This is not the title of a children's book but one that sums up the situation today, as we head for the 18th Knesset elections on Tuesday. On the one hand, we are facing colossal defense, economic and social problems, and on the other, a political rift. No matter what government comes to power, it will be led by a prime minister who has won by the tiniest of margins and a defense minister who doesn't understand how he did not wind up back in the prime minister's seat, considering what a genius he is.
This government will also have a coalition partner who will kick himself at the thought that an inexperienced princess has beat him, by a mere hairsbreadth, and all the while Avigdor Lieberman will be hovering in the background, spewing venom and threatening to turn Israel into a binational state.
And then the question will arise of whether this government is capable of handling the challenges posed by Barack Obama and Hillary Clinton. Will it have the power to carry out withdrawals and evacuate tens of thousands of settlers? With all the hot air and hatemongering at home, all we have done is confuse ourselves to death. With less than a week to go before the elections, the vote is totally splintered and everyone is at each other's throat.
The Likud is attacking Kadima and Labor, but wants Ehud Barak for defense minister without Labor. Benjamin (Bibi) Netanyahu is dreaming of a world without Kadima.

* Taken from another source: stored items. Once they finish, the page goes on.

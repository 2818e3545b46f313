-- ===== src/Knowledge/Boundary.antt =====
-- Boundaries at which no character is split, and the nearest one to a position.
pub mod Nearest
use whatsapp_os.Prelude.{
  ℕ, zero, suc, ◌+◌, ◌-◌, ◌%◌, min, Bool, true, false, not, ◌&&◌, ◌||◌, Option, none, some, length,
  leb, ltb, ◌==◌, if◌then◌else◌,
}
use whatsapp_os.Knowledge.{
  Text, Unicode, unit_at, unit_before, passes, is_in_range, is_leading, is_trailing,
  code_point_before, code_point_at,
}

abbrev pub is_indicator : ℕ → Bool
is_indicator = is_in_range 0x1f1e6 0x1f1ff

-- The regional indicators right before `scan`, which moves back by two for each.
unfoldable pub indicators_before : Text → ℕ → ℕ
indicators_before text zero = zero
indicators_before text (suc zero) =
    if passes is_indicator (code_point_before text (suc zero)) then 1 else 0
indicators_before text (suc (suc scan)) =
    let before = suc (indicators_before text scan) in
    if passes is_indicator (code_point_before text (suc (suc scan))) then before else 0

unfoldable pub splits_flag : Text → ℕ → ℕ → Bool
splits_flag text index following =
    if is_indicator following then indicators_before text index % 2 == 1 else false

module _ (unicode : Unicode) where
  -- What joins a code point to the one before it.
  abbrev pub joins : ℕ → ℕ → Bool
  joins preceding following =
      unicode.is_mark following
      || ((following == 0x200d || preceding == 0x200d)
          || ((following == 0x200c || preceding == 0x200c)
              || is_in_range 0x1f3fb 0x1f3ff following))

  unfoldable pub is_safe_boundary : Text → ℕ → Bool
  is_safe_boundary text index =
      if index == 0 || leb (length text) index
      then true
      else if passes is_leading (unit_before text index) && passes is_trailing (unit_at text index)
      then false
      else elim (code_point_at text index) [
        | none ↦ true
        | some following ↦ elim (code_point_before text index) [
          | none ↦ true
          | some preceding ↦
              if joins preceding following then false else not (splits_flag text index following)
        ]
      ]

  -- `while (candidate > floor && !isSafeBoundary(text, candidate)) candidate -= 1`
  unfoldable pub last_safe : Text → ℕ → ℕ → ℕ
  last_safe text floor zero = zero
  last_safe text floor (suc candidate) =
      let further = last_safe text floor candidate in
      if ltb floor (suc candidate) && not (is_safe_boundary text (suc candidate))
      then further
      else suc candidate

  -- `while (forward < text.length && !isSafeBoundary(text, forward)) forward += 1`, which has as many
  -- rounds as there are positions up to the end.
  unfoldable pub first_safe : Text → ℕ → ℕ → ℕ
  first_safe text zero forward = forward
  first_safe text (suc rounds) forward =
      let further = first_safe text rounds (suc forward) in
      if not (is_safe_boundary text forward) then further else forward

  unfoldable pub safe_boundary : Text → ℕ → ℕ → ℕ
  safe_boundary text index floor =
      let candidate = last_safe text floor (min index (length text)) in
      if is_safe_boundary text candidate
      then candidate
      else first_safe text (length text - index) index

Barak himself is dying to be prime minister, and out of frustration is attacking Tzipi Livni as unsuitable for the job.
And let's not forget that he was the one who threw the wrench into the works when Livni tried to form a new coalition and avoid going to the polls, with his batty demands to be acting prime minister and have the Knesset pass a law that the head of the opposition doesn't have to be a Knesset member. With the delay Barak caused with his bizarre requests, he pushed Shas into clamoring for money and issuing ultimatums over Jerusalem.
Many people complain that Livni didn't make proper use of the 10 days left to her to put together a government, so it was her fault we had to go to early elections.
In my opinion, Livni only proved her worth: She showed us that she is a determined and principled politician, not a political hack and horsetrader.
Livni is not a backslapper or a sweet-talker. She is serious about her missions - the ones she took on herself or those Olmert doled out to her with intentional stinginess, so she wouldn't hog too much of the limelight. She did not complain, but rather carried out her duties with skill and dedication.
If some secret "jury" has popped up a few minutes before Election Day and decided to lop off her head through the auspices of my colleague Ari Shavit ("A Cautionary Note," Haaretz, February 2), I tip my hat to her. These guys are scared. Two macho men, otherwise known as Netanyahu and Barak, who both failed as prime minister, don't want to see her being elected and becoming their boss. What they have to say about her does not appear under their name in this verdict.
Now, about this person who was "especially agitated despite being a mature, restrained and conservative man," and told Shavit he felt like "a member of some cult with a terrible secret: Tzipi Livni is not fit to be prime minister" - what I want to know is why he and the others kept their mouths shut until a week before the elections. What are they afraid of? That little Tzipi the weakling will have them executed?
The outcome of these elections must be the establishment of a different kind of government. The last three years will be remembered as a grim era in Israeli political history. Since the Netanyahu administration, no prime minister has gone through office without a police investigation. A former finance minister is on trial. A senior minister was found guilty of an indecent act and did not appeal.
And we haven't even gotten yet to the bungled Second Lebanon War, or to Operation Cast Lead, for which Israeli ministers and generals may face indictment for crimes against humanity, and which may have put an end to terror, but then again, maybe did not.
Kadima, when Ariel Sharon established it, was an innovative party with a fresh new outlook and hope for the future, based on the idea of two states for two peoples. A few days before the 2001 elections, a well-known columnist wrote why Israel must not let Sharon become prime minister. His arguments were convincing. Next thing we knew, he was Sharon's great defender, hailing him as the best thing that ever happened to us.
Tzipi Livni is not Sharon, but she wrote the party platform at his ranch, and was his loyal helpmate all along. When she won the Kadima party nomination for prime minister, the public greeted her victory with approval and optimism.
To her credit, let it be said that long before Lieberman popped up with his demands to take away the citizenship of a million and a half Israeli Arabs, and Netanyahu tried to rebrand the Likud as a centrist party, Livni supported the establishment of a unity government with Likud and Labor on the grounds that "the left isn't so left anymore and the right isn't so right."
A 20-percent abstention equals dozens of seats, which could neutralize Liebermanism. Tzipi and Netanyahu would do well to join forces in a new government that will tackle both the problems of peace and the demon that is turning the country into a bastion of apartheid.
Lieberman, like Kahane, must remain outside.